Just wondering if you could give me somemore info about it cuz I am new to all this although do have small animal experience! x


----------



## Argent (Oct 18, 2009)

Awwh I would foster a couple of ladies but I'm near broke at the mo, everything's going on my own rats til my loan comes in Sept 
I want babies though! *grabby hands*


----------



## Guest (Aug 15, 2010)

I am in the process of moving but at the begining of september I could take some females off your hands. However they would have to be good with other rats.


----------



## Tapir (Mar 20, 2010)

i can help if they can get to me? I can take 2 or 3 boys - probably permanently. 

I can take the russian blue, blue roan and black roan if you like. I have some baytril here anyway, so can try and sort their rattles.

I am in derby

ETA: sorry you probably want to know about me! I am 17 (but my parents are happy for me to have three more rats) I am studying animal care at college. I currently have 6 girls in an explorer and adding a castrated buck soon, so a total of 7 rats. The rescue boys will be going in a Ferplast Furet Plus together. 
I feed shunamite diet with fresh veg and applaws once a week.
Handled and cuddled every day + free ranging. They live in the shed, but it is ventilated and fully insulated.

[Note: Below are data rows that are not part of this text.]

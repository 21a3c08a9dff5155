-- ===== src/Bus/Inproc/Live.antt =====
-- Messages of a bus that still expect a reply, and the asks that are pending.
use pi_persona.Base.{
  ℕ, suc, ◌≤◌, ◌≡◌, ◌≢◌, ◌∙◌, sym, refl, subst, inl, inr, true, not, Option, none, some, List, [],
  ◌∷◌, ◌++◌, arith, ◌==◌, length, filter, find, All, All-mono, All-both, AllPairs, Bool-cases, Text,
}
use pi_persona.Bus.Inproc.{Envelope, PendingAsk, remove_id}

-- The recipient of the pending ask with this id.
abbrev pub asked_to : ℕ → List PendingAsk → Option Text
asked_to id asks = elim (find (λ p. p.id == id) asks) [ none ↦ none | some p ↦ some p.recipient ]

-- A message with an id that was given out; it expects a reply only while its ask is pending.
abbrev pub IsMessage : List PendingAsk → ℕ → Envelope → Type 0
IsMessage asks seq e =
    (e.id ≤ seq) × (e.expects_reply ≡ true → asked_to e.id asks ≡ some e.recipient)

pub record IsBox (max_inbox : ℕ) (asks : List PendingAsk) (seq : ℕ) (name : Text)
    (box : List Envelope) : Type 0 where
  pub each : All (λ e. (e.recipient ≡ name) × IsMessage asks seq e) box
  pub apart : AllPairs (λ e f. e.id ≢ f.id) box
  pub fits : length box ≤ max_inbox

asked_to-append :
    (id : ℕ) (asks more : List PendingAsk) (name : Text)
    → asked_to id asks ≡ some name
    → asked_to id (asks ++ more) ≡ some name
asked_to-append id [] more name h = ground arith
asked_to-append id (p ∷ asks) more name h = ground (arith, asked_to-append id asks more name)

-- A message stays one when an ask is added and ids are given out.
pub IsMessage-append :
    (asks more : List PendingAsk) (seq : ℕ) (e : Envelope)
    → IsMessage asks seq e
    → IsMessage (asks ++ more) (suc seq) e
IsMessage-append asks more seq e (old, live) =
    (omega arith, λ x. asked_to-append e.id asks more e.recipient (live x))

asked_to-without :
    (id j : ℕ) (asks : List PendingAsk)
    → j ≢ id
    → asked_to j (filter (λ p. not (p.id == id)) asks) ≡ asked_to j asks
asked_to-without id j [] n = refl
asked_to-without id j (p ∷ asks) n = ground (arith, asked_to-without id j asks n)

-- A message of another id stays one when an ask is settled.
pub IsMessage-without :
    (id : ℕ) (asks : List PendingAsk) (seq : ℕ) (e : Envelope)
    → (e.expects_reply ≡ true → e.id ≢ id)
    → IsMessage asks seq e
    → IsMessage (filter (λ p. not (p.id == id)) asks) seq e
IsMessage-without id asks seq e other (old, live) =
    (old, λ x. asked_to-without id e.id asks (other x) ∙ live x)

-- Without its first message of an id, a box has no message of that id.
remove_id-gone :
    (id : ℕ) (box : List Envelope)
    → AllPairs (λ e f. e.id ≢ f.id) box
    → All (λ e. e.id ≢ id) (remove_id id box)
unfolding remove_id
remove_id-gone id [] h = tt
remove_id-gone id (e ∷ box) (h, hs) = elim (Bool-cases (e.id == id)) [
  | inl same ↦ let k : e.id ≡ id = ground arith in rw same (All-mono (λ f n x. n (k ∙ sym x)) box h)
  | inr other ↦ rw other (λ x. ground arith, remove_id-gone id box hs)
]

remove_id-All {ℓ} :
    (P : Envelope → Type ℓ) (id : ℕ) (box : List Envelope) → All P box → All P (remove_id id box)
unfolding remove_id
remove_id-All P id [] h = tt
remove_id-All P id (e ∷ box) (p, h) = elim (Bool-cases (e.id == id)) [
  | inl same ↦ rw same h
  | inr other ↦ rw other (p, remove_id-All P id box h)
]

remove_id-apart :
    (id : ℕ) (box : List Envelope)
    → AllPairs (λ e f. e.id ≢ f.id) box
    → AllPairs (λ e f. e.id ≢ f.id) (remove_id id box)
unfolding remove_id
remove_id-apart id [] h = tt
remove_id-apart id (e ∷ box) (p, h) = elim (Bool-cases (e.id == id)) [
  | inl same ↦ rw same h
  | inr other ↦ rw other (remove_id-All _ id box p, remove_id-apart id box h)
]

length-remove_id : (id : ℕ) (box : List Envelope) → length (remove_id id box) ≤ length box
unfolding remove_id
length-remove_id id [] = omega arith
length-remove_id id (e ∷ box) = ground (arith, length-remove_id id box)

-- The recipient's box after its ask is settled.
pub IsBox-retire :
    {max_inbox : ℕ} {asks : List PendingAsk} {seq : ℕ} {name : Text} (id : ℕ) (box : List Envelope)
    → IsBox max_inbox asks seq name box
    → IsBox max_inbox (filter (λ p. not (p.id == id)) asks) seq name (remove_id id box)
IsBox-retire {asks} {seq} id box h = record {
  each =
      All-mono (λ e q. (q.0.0, IsMessage-without id asks seq e (λ _. q.1) q.0.1)) (remove_id id box)
        (All-both _ _ (remove_id id box) (remove_id-All _ id box h.each)
          (remove_id-gone id box h.apart));
  apart = remove_id-apart id box h.apart;
  fits = omega (arith, h.fits, length-remove_id id box);
}

-- A box of another name, after an ask is settled.
pub IsBox-without :
    {max_inbox : ℕ} {asks : List PendingAsk} {seq : ℕ} {name : Text} (id : ℕ) (recipient : Text)
    (box : List Envelope)
    → asked_to id asks ≡ some recipient
    → name ≢ recipient
    → IsBox max_inbox asks seq name box
    → IsBox max_inbox (filter (λ p. not (p.id == id)) asks) seq name box
IsBox-without {asks} {seq} {name} id recipient box to other h = record {
  each =
      All-mono
        (λ e q. (
          q.0,
          IsMessage-without id asks seq e
              (λ x same.
                let live = q.1.1 x in
                let k : some recipient ≡ some e.recipient =
                  sym to ∙ subst (λ j. asked_to j asks ≡ some e.recipient) same live in
                other (let h : e.recipient ≡ name = q.0 in cc))
              q.1,
        ))
        box h.each;
  apart = h.apart;
  fits = h.fits;
}

-- A box of the bus once more ids are given out and asks added.
pub IsBox-grow :
    {max_inbox : ℕ} {asks : List PendingAsk} {seq : ℕ} {name : Text} (more : List PendingAsk)
    (box : List Envelope)
    → IsBox max_inbox asks seq name box
    → IsBox max_inbox (asks ++ more) (suc seq) name box
IsBox-grow {asks} {seq} more box h = record {
  each = All-mono (λ e q. (q.0, IsMessage-append asks more seq e q.1)) box h.each;
  apart = h.apart;
  fits = h.fits;
}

need to know anything else, just ask 

p.s. I can get referances from tutors at college or vets if you wish.


----------



## AmberNero (Jun 6, 2010)

Would love to help out- not sure if I'll be eligible though.


----------



## momentofmadness (Jul 19, 2008)

I have been accepted to Foster small furries by an organisation.. I did Pm you the other day re this..


----------



## Guest (Aug 15, 2010)

Spoken to the OH and we can take on 2 females at the start of September, we will be living in Langho just outside of Blackburn if thats close enough for you?


----------



## Tapir (Mar 20, 2010)

any news on these?


----------



## gypsybitch (Aug 6, 2010)

sure id love to take the does off you hands i have loads of room for the does to give birth and have all the young, let me know if you could deliver them all to st helens and i would take them. i run a little rat rescue center and currentl have a black dumbo who gave birth and all are in great condition i have 2 hooded females, 2 naked females, 2 husky females, 1 dumbo female, 1 dumbo male, 1 hooded male and 10 babies.

i give smell treats (a cloth soaked in lemon or rubbed in lavender), i do out of the cage time for 2 hrs a day, i give fresh veg every other day and fruit once a week, i have plenty of room for the does and all the kits. 

thanks please let me know


----------



## spoiled_rat (Mar 24, 2008)

All does are sorted, but the bucks are still looking for fosterers or homes, pics will be up in a day or 2.


----------



## momentofmadness (Jul 19, 2008)

spoiled_rat said:


> All does are sorted, but the bucks are still looking for fosterers or homes, pics will be up in a day or 2.


I guess you didn't get my PM?


----------



## gypsybitch (Aug 6, 2010)

i can take any bucks too


----------



## kerz (Feb 16, 2010)

hi
i have space for a few, male or female....but im in aberdeen we would have to arrange something for transport


----------